Dataset entries:
++++++++++

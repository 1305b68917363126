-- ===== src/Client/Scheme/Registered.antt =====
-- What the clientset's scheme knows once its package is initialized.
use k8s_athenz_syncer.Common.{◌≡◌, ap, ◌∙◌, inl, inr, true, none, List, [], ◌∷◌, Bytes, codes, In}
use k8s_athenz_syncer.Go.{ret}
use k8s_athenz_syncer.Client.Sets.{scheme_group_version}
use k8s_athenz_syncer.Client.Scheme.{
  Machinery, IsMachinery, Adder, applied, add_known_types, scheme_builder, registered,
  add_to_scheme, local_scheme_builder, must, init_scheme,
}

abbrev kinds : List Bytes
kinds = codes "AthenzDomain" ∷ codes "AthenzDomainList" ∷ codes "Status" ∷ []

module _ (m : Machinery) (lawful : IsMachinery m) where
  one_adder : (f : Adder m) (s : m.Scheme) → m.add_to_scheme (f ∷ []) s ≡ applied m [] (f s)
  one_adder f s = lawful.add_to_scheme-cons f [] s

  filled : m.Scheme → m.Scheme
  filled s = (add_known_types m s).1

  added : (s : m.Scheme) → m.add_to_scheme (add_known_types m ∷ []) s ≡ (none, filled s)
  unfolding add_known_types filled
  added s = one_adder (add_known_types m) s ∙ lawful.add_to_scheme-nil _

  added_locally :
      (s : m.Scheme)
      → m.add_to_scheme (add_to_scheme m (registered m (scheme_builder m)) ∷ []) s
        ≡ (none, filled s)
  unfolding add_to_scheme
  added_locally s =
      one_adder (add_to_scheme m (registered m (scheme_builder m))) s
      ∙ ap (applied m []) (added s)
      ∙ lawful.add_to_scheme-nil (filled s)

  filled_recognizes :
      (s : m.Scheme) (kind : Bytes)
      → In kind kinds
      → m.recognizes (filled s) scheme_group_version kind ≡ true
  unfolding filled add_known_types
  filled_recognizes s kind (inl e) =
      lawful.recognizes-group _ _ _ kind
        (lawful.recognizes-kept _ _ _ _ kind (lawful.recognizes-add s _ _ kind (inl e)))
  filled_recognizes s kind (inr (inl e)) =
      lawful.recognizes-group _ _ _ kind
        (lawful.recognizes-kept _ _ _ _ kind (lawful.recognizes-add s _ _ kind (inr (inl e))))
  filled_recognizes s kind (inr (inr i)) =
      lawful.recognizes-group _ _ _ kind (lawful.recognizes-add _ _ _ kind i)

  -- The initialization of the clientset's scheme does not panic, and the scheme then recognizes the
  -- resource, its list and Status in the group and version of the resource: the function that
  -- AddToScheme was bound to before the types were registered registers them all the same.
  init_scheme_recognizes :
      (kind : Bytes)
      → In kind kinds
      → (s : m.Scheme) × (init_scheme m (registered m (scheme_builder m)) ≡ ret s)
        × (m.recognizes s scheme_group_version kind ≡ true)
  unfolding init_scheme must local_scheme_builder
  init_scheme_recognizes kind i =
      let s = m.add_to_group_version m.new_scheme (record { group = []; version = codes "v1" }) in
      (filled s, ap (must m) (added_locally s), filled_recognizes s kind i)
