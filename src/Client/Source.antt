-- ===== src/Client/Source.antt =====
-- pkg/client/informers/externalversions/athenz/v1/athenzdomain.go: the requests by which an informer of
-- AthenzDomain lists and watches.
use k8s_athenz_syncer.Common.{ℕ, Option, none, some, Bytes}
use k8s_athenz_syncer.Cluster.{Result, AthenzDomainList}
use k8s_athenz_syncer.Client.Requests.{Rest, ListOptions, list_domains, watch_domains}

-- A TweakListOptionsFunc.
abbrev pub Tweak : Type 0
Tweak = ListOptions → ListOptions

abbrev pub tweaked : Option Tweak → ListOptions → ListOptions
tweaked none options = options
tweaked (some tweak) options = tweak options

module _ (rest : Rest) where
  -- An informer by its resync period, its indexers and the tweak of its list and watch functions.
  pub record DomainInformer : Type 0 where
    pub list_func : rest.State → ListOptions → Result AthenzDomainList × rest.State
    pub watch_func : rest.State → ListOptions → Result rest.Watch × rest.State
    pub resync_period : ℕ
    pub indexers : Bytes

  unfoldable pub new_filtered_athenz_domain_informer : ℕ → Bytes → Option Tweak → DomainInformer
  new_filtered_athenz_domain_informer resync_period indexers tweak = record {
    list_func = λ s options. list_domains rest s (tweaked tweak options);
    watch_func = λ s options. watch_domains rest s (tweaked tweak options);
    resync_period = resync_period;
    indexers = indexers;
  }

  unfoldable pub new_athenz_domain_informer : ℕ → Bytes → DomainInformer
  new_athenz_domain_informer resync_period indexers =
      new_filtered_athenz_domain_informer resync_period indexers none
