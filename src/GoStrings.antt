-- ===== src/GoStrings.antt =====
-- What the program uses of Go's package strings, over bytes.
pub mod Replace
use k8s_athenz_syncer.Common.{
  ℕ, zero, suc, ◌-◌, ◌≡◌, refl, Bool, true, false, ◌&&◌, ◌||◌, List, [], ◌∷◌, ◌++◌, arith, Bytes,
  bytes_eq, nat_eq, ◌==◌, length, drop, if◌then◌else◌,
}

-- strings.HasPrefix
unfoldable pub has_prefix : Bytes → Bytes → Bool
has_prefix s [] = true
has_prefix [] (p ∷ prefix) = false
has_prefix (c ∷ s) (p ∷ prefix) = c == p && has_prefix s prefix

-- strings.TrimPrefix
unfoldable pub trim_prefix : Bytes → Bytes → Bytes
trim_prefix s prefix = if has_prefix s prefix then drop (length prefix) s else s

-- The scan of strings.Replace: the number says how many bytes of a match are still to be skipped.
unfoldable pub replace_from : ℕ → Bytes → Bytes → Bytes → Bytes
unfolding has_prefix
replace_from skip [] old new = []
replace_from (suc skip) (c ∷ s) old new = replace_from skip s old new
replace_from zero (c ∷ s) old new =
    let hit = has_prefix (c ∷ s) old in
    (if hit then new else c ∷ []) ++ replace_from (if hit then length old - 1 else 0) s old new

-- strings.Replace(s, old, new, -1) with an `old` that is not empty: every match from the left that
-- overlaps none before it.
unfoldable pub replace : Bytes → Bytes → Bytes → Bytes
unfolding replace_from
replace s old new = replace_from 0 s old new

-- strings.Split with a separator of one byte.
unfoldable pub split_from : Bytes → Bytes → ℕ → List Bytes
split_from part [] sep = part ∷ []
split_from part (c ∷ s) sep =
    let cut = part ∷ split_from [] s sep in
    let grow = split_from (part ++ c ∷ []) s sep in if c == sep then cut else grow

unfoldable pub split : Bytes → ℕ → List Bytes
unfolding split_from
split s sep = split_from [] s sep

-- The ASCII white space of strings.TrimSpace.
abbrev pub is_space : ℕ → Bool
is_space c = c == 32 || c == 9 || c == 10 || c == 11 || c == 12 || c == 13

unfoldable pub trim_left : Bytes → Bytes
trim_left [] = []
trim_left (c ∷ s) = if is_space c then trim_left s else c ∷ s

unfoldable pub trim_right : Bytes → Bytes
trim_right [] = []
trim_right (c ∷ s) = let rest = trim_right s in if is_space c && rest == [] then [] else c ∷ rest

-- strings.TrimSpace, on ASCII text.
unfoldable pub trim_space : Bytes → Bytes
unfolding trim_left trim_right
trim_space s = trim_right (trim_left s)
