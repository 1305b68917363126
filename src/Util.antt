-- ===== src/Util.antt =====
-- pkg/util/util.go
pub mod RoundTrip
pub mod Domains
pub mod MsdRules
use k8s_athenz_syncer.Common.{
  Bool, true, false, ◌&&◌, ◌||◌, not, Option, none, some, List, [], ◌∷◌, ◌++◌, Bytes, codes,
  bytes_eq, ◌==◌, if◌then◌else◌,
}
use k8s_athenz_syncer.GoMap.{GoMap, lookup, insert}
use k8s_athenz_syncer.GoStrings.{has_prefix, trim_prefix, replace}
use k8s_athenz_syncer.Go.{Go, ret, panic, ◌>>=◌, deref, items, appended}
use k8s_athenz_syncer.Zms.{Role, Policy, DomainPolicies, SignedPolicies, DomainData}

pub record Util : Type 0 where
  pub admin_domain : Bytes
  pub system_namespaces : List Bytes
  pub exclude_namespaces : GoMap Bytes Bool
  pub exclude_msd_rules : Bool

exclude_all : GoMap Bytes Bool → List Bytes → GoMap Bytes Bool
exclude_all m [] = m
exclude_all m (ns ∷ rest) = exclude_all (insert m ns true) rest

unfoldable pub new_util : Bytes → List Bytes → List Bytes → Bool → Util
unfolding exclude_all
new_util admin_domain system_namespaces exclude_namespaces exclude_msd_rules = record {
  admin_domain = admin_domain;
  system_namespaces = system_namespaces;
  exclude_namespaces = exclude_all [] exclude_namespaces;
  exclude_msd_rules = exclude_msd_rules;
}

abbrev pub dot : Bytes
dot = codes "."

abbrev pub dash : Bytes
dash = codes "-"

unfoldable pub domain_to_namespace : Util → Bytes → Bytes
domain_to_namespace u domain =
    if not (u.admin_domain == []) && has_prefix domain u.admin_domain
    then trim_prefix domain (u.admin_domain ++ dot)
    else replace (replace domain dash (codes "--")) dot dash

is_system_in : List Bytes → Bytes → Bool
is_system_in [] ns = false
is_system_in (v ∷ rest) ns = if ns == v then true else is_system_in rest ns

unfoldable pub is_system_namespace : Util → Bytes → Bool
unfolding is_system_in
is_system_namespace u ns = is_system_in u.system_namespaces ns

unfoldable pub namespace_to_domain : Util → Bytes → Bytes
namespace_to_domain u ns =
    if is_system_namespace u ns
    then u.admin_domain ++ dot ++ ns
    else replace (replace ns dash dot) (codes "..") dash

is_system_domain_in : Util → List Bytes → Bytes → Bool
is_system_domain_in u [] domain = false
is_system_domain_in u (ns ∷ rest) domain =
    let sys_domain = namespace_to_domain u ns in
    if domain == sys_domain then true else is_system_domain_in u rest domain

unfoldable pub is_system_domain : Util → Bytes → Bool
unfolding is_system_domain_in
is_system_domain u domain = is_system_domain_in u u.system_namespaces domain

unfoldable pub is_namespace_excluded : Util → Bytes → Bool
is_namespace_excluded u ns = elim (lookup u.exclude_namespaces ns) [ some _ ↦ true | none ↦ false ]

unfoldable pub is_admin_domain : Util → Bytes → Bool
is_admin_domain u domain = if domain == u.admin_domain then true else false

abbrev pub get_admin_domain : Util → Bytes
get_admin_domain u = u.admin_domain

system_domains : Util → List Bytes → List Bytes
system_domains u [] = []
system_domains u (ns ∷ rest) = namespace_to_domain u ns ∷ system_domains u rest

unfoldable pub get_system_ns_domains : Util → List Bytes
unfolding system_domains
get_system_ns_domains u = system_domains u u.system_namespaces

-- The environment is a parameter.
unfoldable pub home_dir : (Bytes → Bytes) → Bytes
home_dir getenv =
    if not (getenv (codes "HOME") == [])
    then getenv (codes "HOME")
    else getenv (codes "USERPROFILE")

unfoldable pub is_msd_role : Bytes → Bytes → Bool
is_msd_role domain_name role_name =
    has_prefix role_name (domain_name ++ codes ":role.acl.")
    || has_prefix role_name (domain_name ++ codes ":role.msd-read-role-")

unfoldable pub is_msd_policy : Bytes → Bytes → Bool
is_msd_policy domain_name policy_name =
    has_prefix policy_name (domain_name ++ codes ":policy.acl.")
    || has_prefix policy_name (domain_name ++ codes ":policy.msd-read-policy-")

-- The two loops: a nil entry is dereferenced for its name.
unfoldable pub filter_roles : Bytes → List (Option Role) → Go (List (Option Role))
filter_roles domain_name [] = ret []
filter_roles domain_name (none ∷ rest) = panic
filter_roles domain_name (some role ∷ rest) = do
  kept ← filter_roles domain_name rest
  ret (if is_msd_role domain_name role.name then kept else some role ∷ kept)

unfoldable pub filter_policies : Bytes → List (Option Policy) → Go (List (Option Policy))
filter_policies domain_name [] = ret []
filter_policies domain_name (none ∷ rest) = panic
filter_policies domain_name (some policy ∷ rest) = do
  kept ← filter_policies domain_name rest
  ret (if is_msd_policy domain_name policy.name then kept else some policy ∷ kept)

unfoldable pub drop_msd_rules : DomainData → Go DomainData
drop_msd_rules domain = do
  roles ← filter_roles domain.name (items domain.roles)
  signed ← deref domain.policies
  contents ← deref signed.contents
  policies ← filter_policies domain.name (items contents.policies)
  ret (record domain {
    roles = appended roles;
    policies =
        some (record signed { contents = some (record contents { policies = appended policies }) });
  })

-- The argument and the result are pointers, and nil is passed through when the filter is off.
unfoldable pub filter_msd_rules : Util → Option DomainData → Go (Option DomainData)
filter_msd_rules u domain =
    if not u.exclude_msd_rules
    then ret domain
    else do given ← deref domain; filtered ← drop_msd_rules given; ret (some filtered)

++++++++++

Output, from the data above, the lines from the line with "-- strings.TrimPrefix" to the line with "let hit = has_prefix (c ∷ s) old in" exactly as they stand, both ends included and nothing else.

-- strings.TrimPrefix
unfoldable pub trim_prefix : Bytes → Bytes → Bytes
trim_prefix s prefix = if has_prefix s prefix then drop (length prefix) s else s

-- The scan of strings.Replace: the number says how many bytes of a match are still to be skipped.
unfoldable pub replace_from : ℕ → Bytes → Bytes → Bytes → Bytes
unfolding has_prefix
replace_from skip [] old new = []
replace_from (suc skip) (c ∷ s) old new = replace_from skip s old new
replace_from zero (c ∷ s) old new =
    let hit = has_prefix (c ∷ s) old in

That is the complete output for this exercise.